EXERCISE BRIEF
Copy out the entries below exactly as they stand, but only from the line containing "new inputs format" through the line containing "unfoldable pub matched_some".

DATA FOR PROCESSING
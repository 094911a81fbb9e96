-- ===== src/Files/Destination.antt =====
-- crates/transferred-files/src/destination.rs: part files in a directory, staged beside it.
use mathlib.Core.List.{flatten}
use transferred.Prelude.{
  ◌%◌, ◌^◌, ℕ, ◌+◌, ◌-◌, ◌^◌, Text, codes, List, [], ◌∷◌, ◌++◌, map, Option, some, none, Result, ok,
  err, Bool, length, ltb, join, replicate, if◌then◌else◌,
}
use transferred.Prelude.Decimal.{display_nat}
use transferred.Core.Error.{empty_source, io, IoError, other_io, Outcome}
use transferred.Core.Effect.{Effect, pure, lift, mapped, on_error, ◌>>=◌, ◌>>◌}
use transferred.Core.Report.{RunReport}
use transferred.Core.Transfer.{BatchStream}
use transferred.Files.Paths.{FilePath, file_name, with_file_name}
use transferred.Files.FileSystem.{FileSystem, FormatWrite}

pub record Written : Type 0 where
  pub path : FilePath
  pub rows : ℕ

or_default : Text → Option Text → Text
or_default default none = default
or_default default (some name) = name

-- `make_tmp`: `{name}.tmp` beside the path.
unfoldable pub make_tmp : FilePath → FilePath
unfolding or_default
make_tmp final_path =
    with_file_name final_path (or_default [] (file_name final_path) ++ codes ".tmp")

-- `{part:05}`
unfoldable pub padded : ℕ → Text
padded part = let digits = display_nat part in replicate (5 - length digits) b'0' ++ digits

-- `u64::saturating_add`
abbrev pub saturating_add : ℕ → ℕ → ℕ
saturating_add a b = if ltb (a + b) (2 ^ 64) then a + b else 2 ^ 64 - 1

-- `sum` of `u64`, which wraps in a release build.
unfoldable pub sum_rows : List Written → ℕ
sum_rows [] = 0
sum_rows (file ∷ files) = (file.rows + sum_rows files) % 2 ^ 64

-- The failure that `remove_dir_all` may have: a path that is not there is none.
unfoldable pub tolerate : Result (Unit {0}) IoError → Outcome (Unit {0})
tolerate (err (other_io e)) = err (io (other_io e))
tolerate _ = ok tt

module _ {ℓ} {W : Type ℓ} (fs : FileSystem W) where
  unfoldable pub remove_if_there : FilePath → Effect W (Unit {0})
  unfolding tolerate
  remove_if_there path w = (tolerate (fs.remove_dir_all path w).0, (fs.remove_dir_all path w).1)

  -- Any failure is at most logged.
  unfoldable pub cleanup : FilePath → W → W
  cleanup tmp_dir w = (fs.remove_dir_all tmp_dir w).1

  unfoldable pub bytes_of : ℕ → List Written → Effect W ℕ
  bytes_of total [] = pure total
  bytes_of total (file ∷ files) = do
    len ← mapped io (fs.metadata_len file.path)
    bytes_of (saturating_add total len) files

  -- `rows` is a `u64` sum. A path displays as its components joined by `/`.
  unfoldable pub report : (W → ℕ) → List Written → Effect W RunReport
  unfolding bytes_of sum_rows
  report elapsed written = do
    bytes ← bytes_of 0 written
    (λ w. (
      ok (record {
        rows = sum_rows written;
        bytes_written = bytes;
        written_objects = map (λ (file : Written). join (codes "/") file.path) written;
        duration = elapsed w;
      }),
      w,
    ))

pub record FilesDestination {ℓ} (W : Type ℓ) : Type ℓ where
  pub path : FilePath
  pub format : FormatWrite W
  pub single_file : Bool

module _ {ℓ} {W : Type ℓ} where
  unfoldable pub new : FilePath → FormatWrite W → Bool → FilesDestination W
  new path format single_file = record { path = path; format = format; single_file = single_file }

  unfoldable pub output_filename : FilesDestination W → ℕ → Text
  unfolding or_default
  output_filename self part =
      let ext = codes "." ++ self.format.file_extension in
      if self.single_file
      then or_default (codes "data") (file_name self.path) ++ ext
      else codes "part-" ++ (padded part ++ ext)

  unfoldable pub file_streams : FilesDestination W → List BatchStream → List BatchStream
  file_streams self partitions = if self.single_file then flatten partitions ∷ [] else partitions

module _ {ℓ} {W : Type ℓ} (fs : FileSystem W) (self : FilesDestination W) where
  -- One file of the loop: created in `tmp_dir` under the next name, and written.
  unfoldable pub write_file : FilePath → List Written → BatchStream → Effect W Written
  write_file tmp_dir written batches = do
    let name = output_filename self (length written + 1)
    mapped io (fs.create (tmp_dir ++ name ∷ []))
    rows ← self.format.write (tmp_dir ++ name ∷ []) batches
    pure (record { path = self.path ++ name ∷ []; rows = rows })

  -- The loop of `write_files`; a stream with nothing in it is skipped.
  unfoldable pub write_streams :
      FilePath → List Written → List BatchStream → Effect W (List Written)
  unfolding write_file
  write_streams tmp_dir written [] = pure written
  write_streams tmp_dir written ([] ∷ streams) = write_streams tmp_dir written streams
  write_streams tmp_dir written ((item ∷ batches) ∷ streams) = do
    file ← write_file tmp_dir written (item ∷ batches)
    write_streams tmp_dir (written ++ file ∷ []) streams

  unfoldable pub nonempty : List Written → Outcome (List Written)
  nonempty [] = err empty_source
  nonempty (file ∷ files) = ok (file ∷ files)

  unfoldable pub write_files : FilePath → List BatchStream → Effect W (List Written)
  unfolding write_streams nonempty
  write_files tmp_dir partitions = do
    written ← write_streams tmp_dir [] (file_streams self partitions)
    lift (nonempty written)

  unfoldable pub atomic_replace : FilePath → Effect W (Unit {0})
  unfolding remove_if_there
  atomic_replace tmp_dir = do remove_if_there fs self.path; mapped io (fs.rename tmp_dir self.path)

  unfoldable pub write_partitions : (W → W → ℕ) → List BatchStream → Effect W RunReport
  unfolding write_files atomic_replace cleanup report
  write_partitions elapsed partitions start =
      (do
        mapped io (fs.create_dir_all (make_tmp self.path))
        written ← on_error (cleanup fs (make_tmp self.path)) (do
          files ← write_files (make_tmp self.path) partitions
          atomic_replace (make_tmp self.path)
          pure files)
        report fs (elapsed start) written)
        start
---
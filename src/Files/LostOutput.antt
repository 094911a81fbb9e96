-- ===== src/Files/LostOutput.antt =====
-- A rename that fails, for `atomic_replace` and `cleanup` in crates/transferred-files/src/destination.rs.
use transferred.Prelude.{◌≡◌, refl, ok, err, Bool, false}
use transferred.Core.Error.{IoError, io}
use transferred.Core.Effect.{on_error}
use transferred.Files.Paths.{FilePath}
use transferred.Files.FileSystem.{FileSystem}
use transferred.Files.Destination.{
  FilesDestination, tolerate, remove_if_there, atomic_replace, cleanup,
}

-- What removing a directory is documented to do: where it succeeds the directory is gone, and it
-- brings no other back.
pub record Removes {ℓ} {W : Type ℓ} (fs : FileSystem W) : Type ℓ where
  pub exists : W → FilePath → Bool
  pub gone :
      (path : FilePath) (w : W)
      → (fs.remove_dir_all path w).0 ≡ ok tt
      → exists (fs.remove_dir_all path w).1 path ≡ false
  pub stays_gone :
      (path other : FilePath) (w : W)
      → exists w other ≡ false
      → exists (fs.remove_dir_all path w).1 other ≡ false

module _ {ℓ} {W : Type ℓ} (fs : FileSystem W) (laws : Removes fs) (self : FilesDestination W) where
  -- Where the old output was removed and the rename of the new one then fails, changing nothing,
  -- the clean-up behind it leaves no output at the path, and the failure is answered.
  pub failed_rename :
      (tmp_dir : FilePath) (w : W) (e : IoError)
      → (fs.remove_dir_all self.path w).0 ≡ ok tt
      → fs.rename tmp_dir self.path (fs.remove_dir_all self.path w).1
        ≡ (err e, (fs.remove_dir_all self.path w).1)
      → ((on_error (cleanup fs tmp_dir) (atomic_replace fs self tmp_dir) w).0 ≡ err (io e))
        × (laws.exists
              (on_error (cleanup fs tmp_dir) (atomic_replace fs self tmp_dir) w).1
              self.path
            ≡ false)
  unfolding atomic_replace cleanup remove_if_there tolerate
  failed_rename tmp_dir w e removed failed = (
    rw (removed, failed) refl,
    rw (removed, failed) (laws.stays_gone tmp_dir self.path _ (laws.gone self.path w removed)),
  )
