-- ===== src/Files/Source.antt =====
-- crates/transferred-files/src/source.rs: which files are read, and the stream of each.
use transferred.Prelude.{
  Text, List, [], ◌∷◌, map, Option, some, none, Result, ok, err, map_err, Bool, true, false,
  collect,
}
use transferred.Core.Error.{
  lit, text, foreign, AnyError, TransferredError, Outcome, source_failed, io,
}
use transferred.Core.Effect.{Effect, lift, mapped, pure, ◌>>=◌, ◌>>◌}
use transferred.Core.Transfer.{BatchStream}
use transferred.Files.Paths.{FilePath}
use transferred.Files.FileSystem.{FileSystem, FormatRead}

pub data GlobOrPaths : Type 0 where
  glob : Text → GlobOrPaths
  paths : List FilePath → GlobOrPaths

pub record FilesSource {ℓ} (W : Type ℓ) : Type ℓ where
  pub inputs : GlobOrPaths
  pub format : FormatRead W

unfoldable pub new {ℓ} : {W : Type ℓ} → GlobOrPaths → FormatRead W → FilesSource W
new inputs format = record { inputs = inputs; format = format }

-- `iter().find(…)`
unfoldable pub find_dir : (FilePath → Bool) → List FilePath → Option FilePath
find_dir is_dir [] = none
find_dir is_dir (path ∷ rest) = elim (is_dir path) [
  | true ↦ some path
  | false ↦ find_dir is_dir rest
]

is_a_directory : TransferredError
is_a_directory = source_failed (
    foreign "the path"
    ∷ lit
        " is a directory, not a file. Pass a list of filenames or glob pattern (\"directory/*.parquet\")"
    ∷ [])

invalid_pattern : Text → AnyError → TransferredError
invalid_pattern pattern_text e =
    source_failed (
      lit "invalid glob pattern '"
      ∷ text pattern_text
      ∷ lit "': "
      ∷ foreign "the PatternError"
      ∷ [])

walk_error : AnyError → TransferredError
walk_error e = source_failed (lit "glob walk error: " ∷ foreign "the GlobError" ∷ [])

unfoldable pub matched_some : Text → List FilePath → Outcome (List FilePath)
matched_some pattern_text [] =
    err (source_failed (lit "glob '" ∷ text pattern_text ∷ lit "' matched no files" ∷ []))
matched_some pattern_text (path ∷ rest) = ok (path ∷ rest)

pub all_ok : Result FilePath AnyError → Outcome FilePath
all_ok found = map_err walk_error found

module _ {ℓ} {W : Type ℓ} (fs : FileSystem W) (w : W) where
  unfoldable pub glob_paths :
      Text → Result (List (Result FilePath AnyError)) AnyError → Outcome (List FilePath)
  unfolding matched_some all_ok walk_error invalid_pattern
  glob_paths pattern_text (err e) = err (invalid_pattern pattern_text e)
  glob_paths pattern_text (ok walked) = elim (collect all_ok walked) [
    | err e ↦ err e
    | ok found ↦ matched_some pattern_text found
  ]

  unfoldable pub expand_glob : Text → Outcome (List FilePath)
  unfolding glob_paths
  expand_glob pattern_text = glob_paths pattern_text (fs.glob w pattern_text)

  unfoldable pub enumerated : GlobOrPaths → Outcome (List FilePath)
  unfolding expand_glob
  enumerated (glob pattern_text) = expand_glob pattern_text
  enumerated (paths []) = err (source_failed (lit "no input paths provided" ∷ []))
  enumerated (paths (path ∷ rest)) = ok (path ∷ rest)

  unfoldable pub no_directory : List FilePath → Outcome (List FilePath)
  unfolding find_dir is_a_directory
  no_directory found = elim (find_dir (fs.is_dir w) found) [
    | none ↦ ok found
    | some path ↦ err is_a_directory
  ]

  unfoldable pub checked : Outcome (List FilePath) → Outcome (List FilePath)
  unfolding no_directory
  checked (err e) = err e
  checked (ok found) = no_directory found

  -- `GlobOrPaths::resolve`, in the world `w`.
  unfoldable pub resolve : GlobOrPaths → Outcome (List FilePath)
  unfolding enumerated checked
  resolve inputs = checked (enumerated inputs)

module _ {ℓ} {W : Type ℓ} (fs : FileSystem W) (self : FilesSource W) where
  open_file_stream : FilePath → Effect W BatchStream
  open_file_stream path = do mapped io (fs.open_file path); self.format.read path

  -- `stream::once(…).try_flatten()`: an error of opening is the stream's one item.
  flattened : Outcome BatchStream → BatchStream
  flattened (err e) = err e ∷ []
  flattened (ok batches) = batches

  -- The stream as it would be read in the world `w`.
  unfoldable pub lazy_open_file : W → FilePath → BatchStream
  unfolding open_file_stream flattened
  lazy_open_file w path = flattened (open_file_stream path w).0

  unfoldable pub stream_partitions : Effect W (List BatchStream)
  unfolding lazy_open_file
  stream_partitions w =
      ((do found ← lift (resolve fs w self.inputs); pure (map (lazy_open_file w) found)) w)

COMPLETED EXERCISE
new inputs format = record { inputs = inputs; format = format }

-- `iter().find(…)`
unfoldable pub find_dir : (FilePath → Bool) → List FilePath → Option FilePath
find_dir is_dir [] = none
find_dir is_dir (path ∷ rest) = elim (is_dir path) [
  | true ↦ some path
  | false ↦ find_dir is_dir rest
]

is_a_directory : TransferredError
is_a_directory = source_failed (
    foreign "the path"
    ∷ lit
        " is a directory, not a file. Pass a list of filenames or glob pattern (\"directory/*.parquet\")"
    ∷ [])

invalid_pattern : Text → AnyError → TransferredError
invalid_pattern pattern_text e =
    source_failed (
      lit "invalid glob pattern '"
      ∷ text pattern_text
      ∷ lit "': "
      ∷ foreign "the PatternError"
      ∷ [])

walk_error : AnyError → TransferredError
walk_error e = source_failed (lit "glob walk error: " ∷ foreign "the GlobError" ∷ [])

unfoldable pub matched_some : Text → List FilePath → Outcome (List FilePath)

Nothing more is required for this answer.